Social Media and Mental Health

The use of social media has increased manifold in the last few years. Its popularity isn’t limited to few developed countries where availability of mobile phones and internet connectivity is comparatively better than most countries. If we look at the worldwide figures of social media users, we can easily see that there isn’t a single country that is unaffected by the popularity of social media. According to PEW Research Center, in the US as many as 72% of its population are connected to one or the other social media channel.

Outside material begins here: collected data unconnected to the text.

-- ===== src/Schema/Migrated.antt =====
-- store_mysql.go, store_device.go, store_apikey.go: the migrations as a whole.
use clip_sync_server.Base.{
  ◌==◌, All, All-mono, Bool, List, Text, ap, arith, codes, false, none, subst, sym, true, ℕ, ◌∙◌,
  ◌≡◌, refl, Option,
}
use clip_sync_server.Schema.Repeats.{
  IsCareful, Passes, chain-done, run-All, run-kept, chain-none, chain-same, run-again,
}
use clip_sync_server.Schema.{
  MigrateError, Schema, Statement, api_key_statements, api_keys_failed, chain, device_statements,
  devices_failed, duplicate_column, is_duplicate, migrate, run_statements, schema_failed,
  user_statements,
}
use clip_sync_server.Text.{contains, to_lower}
use clip_sync_server.Schema.Statements.{is_applied}

-- What the server's MySQL says of an error: only the text of a column that is there has the words
-- that `migrateDevices` looks for.
abbrev pub IsPlainEnglish : (ℕ → Statement → Text) → Type 0
IsPlainEnglish message =
    (e : ℕ) (q : Statement)
    → contains (codes "duplicate column") (to_lower (message e q)) ≡ (e == duplicate_column)

abbrev IsDone : Schema → List Statement → Type 0
IsDone s qs = All (λ q. is_applied s q ≡ true) qs

abbrev pub IsMigrated : Schema → Type 0
IsMigrated s = IsDone s user_statements × IsDone s device_statements × IsDone s api_key_statements

run-IsDone :
    (down : Statement → Bool) (failed : ℕ → MigrateError) (skips : Statement → ℕ → Bool)
    (qs ps : List Statement) (s : Schema)
    → IsDone s ps
    → IsDone (run_statements down failed skips qs s).0 ps
run-IsDone down failed skips qs ps s h =
    All-mono (λ p. is_applied s p ≡ true) _ ps (λ p. run-kept down failed skips qs s p) h

module _ (message : ℕ → Statement → Text) (plain : IsPlainEnglish message) where
  pub careful : (down : Statement → Bool) → IsCareful (is_duplicate message down)
  careful down q e h = sym (plain e q) ∙ h

  pub passes :
      (down : Statement → Bool) → All (Passes (is_duplicate message down)) device_statements
  passes down = (tt, (plain duplicate_column _, (plain duplicate_column _, tt)))

  pub migrate-IsMigrated :
      (down : Statement → Bool) (s : Schema)
      → (migrate message down s).1 ≡ none
      → IsMigrated (migrate message down s).0
  unfolding migrate
  migrate-IsMigrated down s h =
      let devices =
        run_statements down devices_failed (is_duplicate message down) device_statements in
      let keys = run_statements down api_keys_failed (λ q e. false) api_key_statements in
      let a = run_statements down schema_failed (λ q e. e == duplicate_column) user_statements s in
      let (a_done, a_next) = chain-done a (λ s'. chain (devices s') keys) h in
      let d_h : (chain (devices a.0) keys).1 ≡ none = sym (ap (λ x. x.1) a_next) ∙ h in
      let (d_done, d_next) = chain-done (devices a.0) keys d_h in
      let k_done : (keys (devices a.0).0).1 ≡ none = sym (ap (λ x. x.1) d_next) ∙ d_h in
      subst (λ x. IsMigrated x.0) (sym (a_next ∙ d_next))
        (
          run-IsDone down api_keys_failed _ api_key_statements user_statements (devices a.0).0 (
              run-IsDone down devices_failed _ device_statements user_statements a.0
                (run-All down schema_failed _ user_statements s (λ q e t. t) a_done)),
          run-IsDone down api_keys_failed _ api_key_statements device_statements (devices a.0).0
              (run-All down devices_failed _ device_statements a.0 (careful down) d_done),
          run-All down api_keys_failed _ api_key_statements (devices a.0).0 (λ q e t. ground arith)
              k_done,
        )

  -- When the schema is complete.
  pub migrate-kept :
      (down : Statement → Bool) (s : Schema)
      → IsMigrated s
      → ((migrate message down s).0 ≡ s)
        × (((q : Statement) → down q ≡ false) → (migrate message down s).1 ≡ none)
  unfolding migrate
  migrate-kept down s (users, devs, keys) =
      let devices =
        run_statements down devices_failed (is_duplicate message down) device_statements in
      let keys_of = run_statements down api_keys_failed (λ q e. false) api_key_statements in
      let a = run_statements down schema_failed (λ q e. e == duplicate_column) user_statements s in
      let rest : Schema → Schema × Option MigrateError = λ s'. chain (devices s') keys_of in
      let (a_same, a_none) = run-again down schema_failed _ user_statements s users in
      let (d_same, d_none) = run-again down devices_failed _ device_statements s devs in
      let (k_same, k_none) = run-again down api_keys_failed _ api_key_statements s keys in
      (
        chain-same a rest s a_same (chain-same (devices s) keys_of s d_same k_same),
        λ up. chain-none a rest s a_same (a_none (tt, (refl, (tt, tt))) up) (
            chain-none (devices s) keys_of s d_same (d_none (passes down) up) (k_none (tt, tt) up)),
      )
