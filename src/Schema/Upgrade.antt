-- ===== src/Schema/Upgrade.antt =====
-- store_mysql.go, store_device.go, store_apikey.go: the migrations on a new or an older database.
use clip_sync_server.Base.{
  All, Bool, Bool-cases, List, Option, Option-cases, Result, Text, [], any, ap, arith, err, false,
  inl, inr, none, ok, refl, same, same→eq, some, subst, sym, true, ℕ, ◌∷◌, ◌≡◌, All-both, All-mono,
  ◌&&◌,
}
use clip_sync_server.Schema.Planned.{
  IsOld, IsThere, both_true, every, lists, lists-IsThere, needs_met, old-IsThere, with_table-IsOld,
  offers, provided, every-All, planned, provided-IsThere, provided_step,
}
use clip_sync_server.Schema.{
  MigrateError, Schema, Statement, add_column, apply, are_columns, create_table, exec, extend,
  has_column, has_table, insert_after, settle, lists_column, is_some, run_statements,
}
use clip_sync_server.Schema.Repeats.{
  Passes, IsCareful, chain-next, exec-Retains, settle-Achieves, settle-Retains,
}
use clip_sync_server.Schema.Statements.{extend-IsGrowth, is_applied}
use clip_sync_server.Sms.Query.{present}

-- After a statement that works.
abbrev OldAfter : Text × Text → Result ℕ Schema → Type 0
OldAfter k (err e) = Unit
OldAfter k (ok s') = IsOld s' k

extend-OldAfter :
    (t c before : Text) (s : Schema) (k : Text × Text) (o : Option (List Text))
    → s t ≡ o
    → IsOld s k
    → OldAfter k (extend t c before s o)
extend-OldAfter t c before s k none e old = tt
extend-OldAfter t c before s k (some columns) e old = elim (Bool-cases (any (same c) columns)) [
  | inl there ↦ rw there tt
  | inr new ↦ elim (Bool-cases (any (same before) columns)) [
    | inl placed ↦
        rw (new, placed) (with_table-IsOld t (insert_after before c columns) s k grown old)
    | inr astray ↦ rw (new, astray) tt
  ]
]
  where
    grown : same k.0 t ≡ true → any (same k.1) (insert_after before c columns) ≡ true
    grown is_t =
        let here : has_table k.0 s ≡ true =
          subst (λ u. has_table u s ≡ true) (sym (same→eq k.0 t is_t)) (ap is_some e) in
        extend-IsGrowth t c before s columns e k.1
          (subst (λ u. has_column u k.1 s ≡ true) (same→eq k.0 t is_t) (old-IsThere s k here old))

apply-OldAfter :
    (q : Statement) (s : Schema) (k : Text × Text)
    → offers k q ≡ true
    → IsOld s k
    → OldAfter k (apply q s)
apply-OldAfter (create_table t columns references) s k h old = elim (Bool-cases (has_table t s)) [
  | inl there ↦ rw there old
  | inr new ↦ elim (Bool-cases (are_columns references s)) [
    | inl ready ↦ rw (new, ready) (with_table-IsOld t columns s k (λ e. ground (arith, h, e)) old)
    | inr early ↦ rw (new, early) tt
  ]
]
apply-OldAfter (add_column t c before) s k h old = extend-OldAfter t c before s k (s t) refl old

references_there :
    (s : Schema) (there references : List (Text × Text))
    → All (IsThere s) there
    → every (lists there) references ≡ true
    → are_columns references s ≡ true
references_there s there [] a h = refl
references_there s there (r ∷ references) a h =
    let (one, more) = both_true (lists there r) (every (lists there) references) h in
    rw (lists-IsThere s there r a one) (references_there s there references a more)

module _ (down : Statement → Bool) (up : (q : Statement) → down q ≡ false)
    (failed : ℕ → MigrateError) (skips : Statement → ℕ → Bool) where
  settle-none :
      (q : Statement) (s : Schema) (there : List (Text × Text))
      → Passes skips q
      → All (IsThere s) there
      → needs_met there q ≡ true
      → (settle down failed (skips q) s (exec down q s)).1 ≡ none
  settle-none (create_table t columns references) s there p a h =
      elim (Bool-cases (has_table t s)) [
        | inl present ↦ rw (up (create_table t columns references), present) refl
        | inr new ↦
            rw
              (up (create_table t columns references), new, references_there s there references a h)
              refl
      ]
  settle-none (add_column t c before) s there p a h =
      let base = lists-IsThere s there (t, before) a h in
      elim (Option-cases (s t)) [
        | inl e ↦
            let no : false ≡ true = subst (λ o. lists_column before o ≡ true) e base in ground arith
        | inr (columns, e) ↦
            let placed : any (same before) columns ≡ true =
              subst (λ o. lists_column before o ≡ true) e base in
            elim (Bool-cases (any (same c) columns)) [
              | inl double ↦ rw (up (add_column t c before), e, double) (rw p refl)
              | inr new ↦ rw (up (add_column t c before), e, new, placed) refl
            ]
      ]

  settle-IsOld :
      (q : Statement) (s : Schema) (k : Text × Text)
      → offers k q ≡ true
      → IsOld s k
      → IsOld (settle down failed (skips q) s (exec down q s)).0 k
  settle-IsOld q s k h old = rw (up q) (of (apply q s) (apply-OldAfter q s k h old))
    where
      of : (r : Result ℕ Schema) → OldAfter k r → IsOld (settle down failed (skips q) s r).0 k
      of (ok s') o = o
      of (err e) o = old

  pub run-planned :
      (qs : List Statement) (s : Schema) (known there : List (Text × Text))
      → IsCareful skips
      → All (Passes skips) qs
      → planned known there qs ≡ true
      → All (IsOld s) known
      → All (IsThere s) there
      → let x = run_statements down failed skips qs s in
        (x.1 ≡ none) × All (IsOld x.0) known × All (IsThere x.0) (provided known there qs)
  unfolding run_statements
  run-planned [] s known there careful p h old a = (refl, old, a)
  run-planned (q ∷ qs) s known there careful (p, ps) h old a =
      let rest_planned = planned known (provided known there (q ∷ [])) qs in
      let each = every (λ k. offers k q) known in
      let (now_planned, rest) = both_true (needs_met there q && each) rest_planned h in
      let (met, each_offers) = both_true (needs_met there q) each now_planned in
      let x = settle down failed (skips q) s (exec down q s) in
      let silent = settle-none q s there p a met in
      let old' : All (IsOld x.0) known =
        All-mono (λ k. (offers k q ≡ true) × IsOld s k) (IsOld x.0) known
          (λ k o. settle-IsOld q s k o.0 o.1)
          (All-both (λ k. offers k q ≡ true) (IsOld s) known
            (every-All (λ k. offers k q) known each_offers) old) in
      let kept : All (IsThere x.0) there =
        All-mono (IsThere s) (IsThere x.0) there
          (λ k.
            settle-Retains down failed (skips q) s (exec down q s) (exec-Retains down q s).0
              (add_column k.0 k.1 []))
          a in
      let achieved : is_applied x.0 q ≡ true =
        settle-Achieves down failed (skips q) q s (exec down q s) (careful q)
          (exec-Retains down q s).1 silent in
      let next = run_statements down failed skips qs in
      let (done, old_after, there_after) =
        run-planned qs x.0 known (provided known there (q ∷ [])) careful ps rest old'
          (provided-IsThere q x.0 known there achieved old' kept) in
      subst
        (λ y.
          (y.1 ≡ none) × All (IsOld y.0) known × All (IsThere y.0) (provided known there (q ∷ qs)))
        (sym (chain-next x next silent))
        (
          done,
          old_after,
          subst (λ ks. All (IsThere (next x.0).0) ks) (sym (provided_step known there q qs))
              there_after,
        )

People use social media connect app, instagram app,  and other apps  for staying in touch with family members, friends, getting news updates, entertainment, and many other things. There is virtually not even a single area that social media doesn’t cover. It has a monumental effect on our day-to-day life. It has grown so fast in the last couple of years that not many studies have been documented about its effect on people’s life. However, it has been observed that too much exposure to social media has its downside too, and that is often manifested in the form of anxiety, loneliness and depression among people. 

It causes Depression 

It is very surprising that a medium such as social media that was primarily conceptualized to connect people is keeping them apart. People have become so used to their favourite social channels that they can’t think of being away from it for even a moment. Most of their interactions are taking place online on the social media, and sometimes they turn ugly leaving the users mentally scarred. Such incidents together with the access use of these channels are creating anxiety, loneliness, and depression among large number of people. According to a survey, those who on an average use social media for more than 2 hours will likely have a poor mental health in comparison to those who use it rarely. Besides, the occasional users are also three times less likely to fall victim to anxiety and depression than heavy users of social media. 

Pressure to look perfect

The world of social media is artificial. The emphasis is more on showing one’s perfect side. Men often post pictures of their perfectly toned six pack bodies while women use lots of filters and editing options to create a diva like photograph. Those who get to see these photographs know that these are not real, but still can’t help themselves from feeling inadequate about their life and looks. They think they don’t possess such super sexy figures and hence are not good enough. This creates a sense of anxiety, and as a result they begin losing confidence in their own abilities, and stop interacting with others. Teenagers are especially prone to this mindset.

FOMO

It’s a social media phenomenon called Fear of Missing Out. Adolescents are more likely to suffer from FOMO. Since the life of teenagers revolves around social media, they are always under pressure to know what is happening in their friends’ lives. And to do that they are perennially online. Their preoccupation with the social media affects their life badly and they are unable to cope up with the reality. They detach from others and go in a virtual cell with mobile phone for a company, checking every notification and replying to all random social media posts.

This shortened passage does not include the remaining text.